Phoenix BIOS detected: BIOS may corrupt low RAM, working around it.


Marking TSC unstable due to TSC halts in idle


[ 3.561427] raid5: md0 is not clean -- starting background reconstruction
[ 3.561463] raid5: device sdd2 operational as raid disk 2
[ 3.561467] raid5: device sdc2 operational as raid disk 1
[ 3.561471] raid5: device sdb2 operational as raid disk 0
[ 3.562060] raid5: allocated 3179kB for md0
[ 3.562816] 2: w=1 pa=0 pr=3 m=1 a=2 r=3 op1=0 op2=0
[ 3.562823] 1: w=2 pa=0 pr=3 m=1 a=2 r=3 op1=0 op2=0
[ 3.562826] 0: w=3 pa=0 pr=3 m=1 a=2 r=3 op1=0 op2=0
[ 3.562830] raid5: raid level 5 set md0 active with 3 out of 3 devices, algorithm 2
[ 3.562832] RAID5 conf printout:
[ 3.562834] --- rd:3 wd:3
[ 3.562838] disk 0, o:1, dev:sdb2
[ 3.562840] disk 1, o:1, dev:sdc2
[ 3.562843] disk 2, o:1, dev:sdd2
[ 3.562906] md0: detected capacity change from 0 to 4000527024128
[ 3.566432] md0:
[ 3.566665] md: resync of RAID array md0
[ 3.566669] md: minimum _guaranteed_ speed: 1000 KB/sec/disk.
[ 3.566672] md: using maximum available idle IO bandwidth (but not more than 200000 KB/sec) for resync.
[ 3.566679] md: using 128k window, over a total of 1953382336 blocks.
[ 3.600702] unknown partition table
[ 3.613257] mdadm: sending ioctl 1261 to a partition!
[ 3.613266] mdadm: sending ioctl 1261 to a partition!

skipgillespie
April 19th, 2012, 03:21 PM
Okay, I'm beginning to think that it has something to do with my RAID array. I rebooted the server when I got home yesterday and did not remount the RAID. It is in the process of syncing. Here we are 17 hours later and the server has not frozen. Could the syncing process of the RAID be causing this? Are there any utilities available to monitor the drives within the array to look for problems? I am using a hardware RAID card but it is turned off. Could that be causing issues since I am using software RAID instead?

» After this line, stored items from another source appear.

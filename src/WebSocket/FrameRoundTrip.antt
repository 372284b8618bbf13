-- ===== src/WebSocket/FrameRoundTrip.antt =====
-- What src/websocket/Response.cpp sends, read by src/websocket/ws_parser.cpp and Parser.cpp.
use eventhub.Prelude.{
  ℕ, ◌+◌, ◌*◌, ◌/◌, ◌%◌, ◌≤◌, ◌<◌, ◌≡◌, Option, refl, sym, ap, ap₂, ◌∙◌, subst, [], ◌∷◌, ◌++◌, Bool,
  true, false, not, if◌then◌else◌, ltb, Bytes, length, take, drop, arith, append-nil, append_assoc,
  Bool-cases, ltb→lt, ◌^◌, take-length-append, drop-length-append, length-append, ◌⊎◌, inl, inr,
}
use eventhub.WebSocket.Types.{to_frame_type, parser_ok, max_data_frame_size}
use eventhub.WebSocket.FrameParser.{
  WsParser, Status, s_opcode, s_length, s_length_16_0, s_length_16_1, s_payload, next, on_opcode,
  on_length, on_length_16_0, on_length_16_1, on_chunk, on_payload, on_state, ws_parser_execute,
}
use eventhub.WebSocket.FrameParser.Feeding.{Ready, IsReady}
use eventhub.WebSocket.FrameParser.Loop.{ws_parser_execute-next}
use eventhub.WebSocket.MessageParser.{
  Parser, callback, append_data_payload, parser_callbacks, parser_on_data_begin,
  parser_on_data_payload, parser_on_data_end,
}
use eventhub.WebSocket.Response.{send_fragment}

abbrev pub run : WsParser → Parser → Bytes → Option (Status × WsParser × Parser)
run = ws_parser_execute parser_callbacks

-- The bytes of a frame's header.
abbrev first_byte : ℕ → Bool → ℕ
first_byte op fin = (if fin then 128 else 0) + op % 16

unfoldable pub begun : Parser → ℕ → Parser
begun d op = record d { data_payload_buf = []; data_frame_type = to_frame_type op }

opcode_data :
    (p : WsParser) (d : Parser) (op : ℕ) (fin : Bool) (rest : Bytes)
    → (op ≡ 1) ⊎ (op ≡ 2)
    → on_opcode parser_callbacks p d (first_byte op fin) rest
      ≡ next
          (record p { fin = fin; control = false; fragment = not fin; state = s_length })
          (begun d op)
          rest
unfolding on_opcode parser_on_data_begin begun
opcode_data p d op true rest h = ground arith
opcode_data p d op false rest h = ground arith

opcode_continuation :
    (p : WsParser) (d : Parser) (fin : Bool) (rest : Bytes)
    → p.fragment ≡ true
    → on_opcode parser_callbacks p d (first_byte 0 fin) rest
      ≡ next (record p { fin = fin; control = false; state = s_length }) d rest
unfolding on_opcode
opcode_continuation p d true rest h = ground arith
opcode_continuation p d false rest h = ground arith

-- A frame's payload has been added, and the message is handed over if this was the last frame.
unfoldable pub received : Bool → Parser → Bytes → Parser
received fin d text =
    let d' = record d { data_payload_buf = d.data_payload_buf ++ text } in
    if fin then callback d' parser_ok d'.data_frame_type d'.data_payload_buf else d'

abbrev ended : WsParser → WsParser
ended p = record p { bytes_remaining = 0; state = s_opcode }

on_payload-chunk :
    (p : WsParser) (d : Parser) (chunk rest : Bytes)
    → p.bytes_remaining ≡ length chunk
    → on_payload parser_callbacks p d (chunk ++ rest) ≡ on_chunk parser_callbacks p d chunk rest
unfolding on_payload
on_payload-chunk p d chunk rest n =
    ap (λ k. on_chunk parser_callbacks p d (take k (chunk ++ rest)) (drop k (chunk ++ rest))) size
    ∙ ap₂ (on_chunk parser_callbacks p d) (take-length-append chunk rest)
        (drop-length-append chunk rest)
  where
    size :
        (if ltb p.bytes_remaining (length (chunk ++ rest))
          then p.bytes_remaining
          else length (chunk ++ rest))
        ≡ length chunk
    size = ground (arith, length-append chunk rest)

on_chunk-run :
    (p : WsParser) (d : Parser) (chunk rest : Bytes)
    → p.bytes_remaining ≡ length chunk
    → p.mask_flag ≡ false
    → p.control ≡ false
    → length (d.data_payload_buf ++ chunk) ≤ max_data_frame_size
    → on_chunk parser_callbacks p d chunk rest ≡ next (ended p) (received p.fin d chunk) rest
unfolding on_chunk received parser_on_data_payload append_data_payload parser_on_data_end
on_chunk-run p d chunk rest n m c h = ground arith

-- The parser that waits for the length byte of a data frame, and for `n` bytes of its payload.
abbrev awaiting : WsParser → WsParser
awaiting p = record p { control = false; state = s_length }

abbrev ready : WsParser → ℕ → WsParser
ready p n = record p {
  control = false;
  mask_flag = false;
  mask_pos = 0;
  bytes_remaining = n;
  state = s_payload;
}

size_bytes : ℕ → Bytes
size_bytes n = if ltb n 126 then n ∷ [] else 0x7E ∷ (n / 256) ∷ (n % 256) ∷ []

length_short :
    (p : WsParser) (d : Parser) (n : ℕ) (rest : Bytes)
    → 0 < n
    → n < 126
    → on_length parser_callbacks (awaiting p) d n rest ≡ next (ready p n) d rest
unfolding on_length
length_short p d n rest h k = ground arith

length_16 :
    (p : WsParser) (d : Parser) (rest : Bytes)
    → on_length parser_callbacks (awaiting p) d 0x7E rest
      ≡ next
          (record p { control = false; mask_flag = false; mask_pos = 0; state = s_length_16_0 })
          d
          rest
unfolding on_length
length_16 p d rest = refl

length_16_last :
    (p : WsParser) (d : Parser) (n : ℕ) (rest : Bytes)
    → p.mask_flag ≡ false
    → 126 ≤ n
    → on_length_16_1 parser_callbacks
        (record p { bytes_remaining = (n / 256) * 2 ^ 8; state = s_length_16_1 })
        d
        (n % 256)
        rest
      ≡ next (record p { bytes_remaining = n; state = s_payload }) d rest
unfolding on_length_16_1
length_16_last p d n rest m h = ground arith

read_length :
    (p : WsParser) (d : Parser) (n : ℕ) (rest : Bytes)
    → 0 < n
    → run (awaiting p) d (size_bytes n ++ rest) ≡ run (ready p n) d rest
unfolding size_bytes on_state on_length_16_0
read_length p d n rest h = elim (Bool-cases (ltb n 126)) [
  | inl e ↦
      rw (e, size_bytes)
        (ws_parser_execute-next parser_callbacks (awaiting p) (ready p n) d d n rest rest tt
          (length_short p d n rest h (ltb→lt n 126 e)))
  | inr e ↦
      let q = record p {
        control = false;
        mask_flag = false;
        mask_pos = 0;
        state = s_length_16_0;
      } in
      let q' = record q { bytes_remaining = (n / 256) * 2 ^ 8; state = s_length_16_1 } in
      rw (e, size_bytes)
        (ws_parser_execute-next parser_callbacks (awaiting p) q d d 0x7E _ _ tt (length_16 p d _)
          ∙ ws_parser_execute-next parser_callbacks q q' d d (n / 256) _ _ tt refl
          ∙ ws_parser_execute-next parser_callbacks q' (ready p n) d d (n % 256) rest rest tt
              (length_16_last q d n rest refl (ground arith)))
]

length_empty :
    (p : WsParser) (d : Parser) (rest : Bytes)
    → on_length parser_callbacks (awaiting p) d 0 rest
      ≡ next (ended (ready p 0)) (received p.fin d []) rest
unfolding on_length received parser_on_data_end
length_empty p d rest = ground (arith, append-nil d.data_payload_buf)

-- The rest of a data frame behind its first byte.
read_payload :
    (p : WsParser) (d : Parser) (text rest : Bytes)
    → length (d.data_payload_buf ++ text) ≤ max_data_frame_size
    → run (awaiting p) d (size_bytes (length text) ++ (text ++ rest))
      ≡ run (ended (ready p 0)) (received p.fin d text) rest
unfolding on_state
read_payload p d [] rest h =
    unfold size_bytes in
    ws_parser_execute-next parser_callbacks (awaiting p) (ended (ready p 0)) d (received p.fin d [])
      0 rest rest tt (length_empty p d rest)
read_payload p d (x ∷ xs) rest h =
    read_length p d (length (x ∷ xs)) (x ∷ (xs ++ rest)) (omega arith)
    ∙ ws_parser_execute-next parser_callbacks (ready p (length (x ∷ xs))) (ended (ready p 0)) d
        (received p.fin d (x ∷ xs)) x (xs ++ rest) rest (omega arith)
        (on_payload-chunk (ready p (length (x ∷ xs))) d (x ∷ xs) rest refl
          ∙ on_chunk-run (ready p (length (x ∷ xs))) d (x ∷ xs) rest refl refl refl h)

send_fragment-small :
    (junk text : Bytes) (op : ℕ) (fin : Bool)
    → length text < 0xFFFF
    → send_fragment junk text op fin ≡ first_byte op fin ∷ (size_bytes (length text) ++ text)
unfolding send_fragment size_bytes
send_fragment-small junk text op fin h = ground arith

-- The parser between two frames.
abbrev pub between : WsParser → Bool → Bool → WsParser
between p fin fragment = record p {
  fin = fin;
  fragment = fragment;
  control = false;
  mask_flag = false;
  mask_pos = 0;
  bytes_remaining = 0;
  state = s_opcode;
}

on_state-opcode :
    (p : WsParser) (d : Parser) (c : ℕ) (rest : Bytes)
    → p.state ≡ s_opcode
    → on_state parser_callbacks p.state p d c rest ≡ on_opcode parser_callbacks p d c rest
unfolding on_state
on_state-opcode p d c rest e = ap (λ s. on_state parser_callbacks s p d c rest) e

IsReady-opcode : (p : WsParser) → p.state ≡ s_opcode → IsReady p
IsReady-opcode p e = subst (λ s. Ready s p.bytes_remaining) (sym e) tt

-- One frame of `_sendFragment` that begins a message.
pub read_first :
    (p : WsParser) (d : Parser) (junk text rest : Bytes) (op : ℕ) (fin : Bool)
    → p.state ≡ s_opcode
    → (op ≡ 1) ⊎ (op ≡ 2)
    → length text < 0xFFFF
    → length text ≤ max_data_frame_size
    → run p d (send_fragment junk text op fin ++ rest)
      ≡ run (between p fin (not fin)) (received fin (begun d op) text) rest
unfolding begun
read_first p d junk text rest op fin e o h k =
    let p' = record p { fin = fin; fragment = not fin } in
    ap (λ b. run p d (b ++ rest)) (send_fragment-small junk text op fin h)
    ∙ ap (λ b. run p d (first_byte op fin ∷ b)) (append_assoc (size_bytes (length text)) text rest)
    ∙ ws_parser_execute-next parser_callbacks p (awaiting p') d (begun d op) (first_byte op fin) _ _
        (IsReady-opcode p e) (on_state-opcode p d _ _ e ∙ opcode_data p d op fin _ o)
    ∙ read_payload p' (begun d op) text rest k

-- One frame that goes on with a message.
pub read_more :
    (p : WsParser) (d : Parser) (junk text rest : Bytes) (fin : Bool)
    → p.state ≡ s_opcode
    → p.fragment ≡ true
    → length text < 0xFFFF
    → length (d.data_payload_buf ++ text) ≤ max_data_frame_size
    → run p d (send_fragment junk text 0 fin ++ rest)
      ≡ run (between p fin p.fragment) (received fin d text) rest
read_more p d junk text rest fin e f h k =
    let p' = record p { fin = fin } in
    ap (λ b. run p d (b ++ rest)) (send_fragment-small junk text 0 fin h)
    ∙ ap (λ b. run p d (first_byte 0 fin ∷ b)) (append_assoc (size_bytes (length text)) text rest)
    ∙ ws_parser_execute-next parser_callbacks p (awaiting p') d d (first_byte 0 fin) _ _
        (IsReady-opcode p e) (on_state-opcode p d _ _ e ∙ opcode_continuation p d fin _ f)
    ∙ read_payload p' d text rest k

FYI.....it is a 4TB, RAID5 array using 3 - 2TB Seagate drives.

Gyokuro
April 19th, 2012, 05:52 PM
Hi,

software raid is fine and much better as hardware with cheap onboard controllers (intel fake raid,...) except real raid controllers. You can monitor the health of your raid setup via:

sudo cat /proc/mdstat

or better to follow

sudo watch cat /proc/mdstat

or

sudo mdadm --query --detail /dev/md*

I have seen that your error correction took some time and therefore I suggest that you check:

sudo cat /proc/sys/dev/raid/speed_limit_min

and set it to something higher to shorten the time to recreate/rebuild/correct raids to something like

sudo echo 100000 >/proc/sys/dev/raid/speed_limit_min

which means 100 MB/s (depends on your setup, value can be stored in /etc/sysctl.conf) - you have to test maybe some different values or get them through benchmarking of your RAID setup.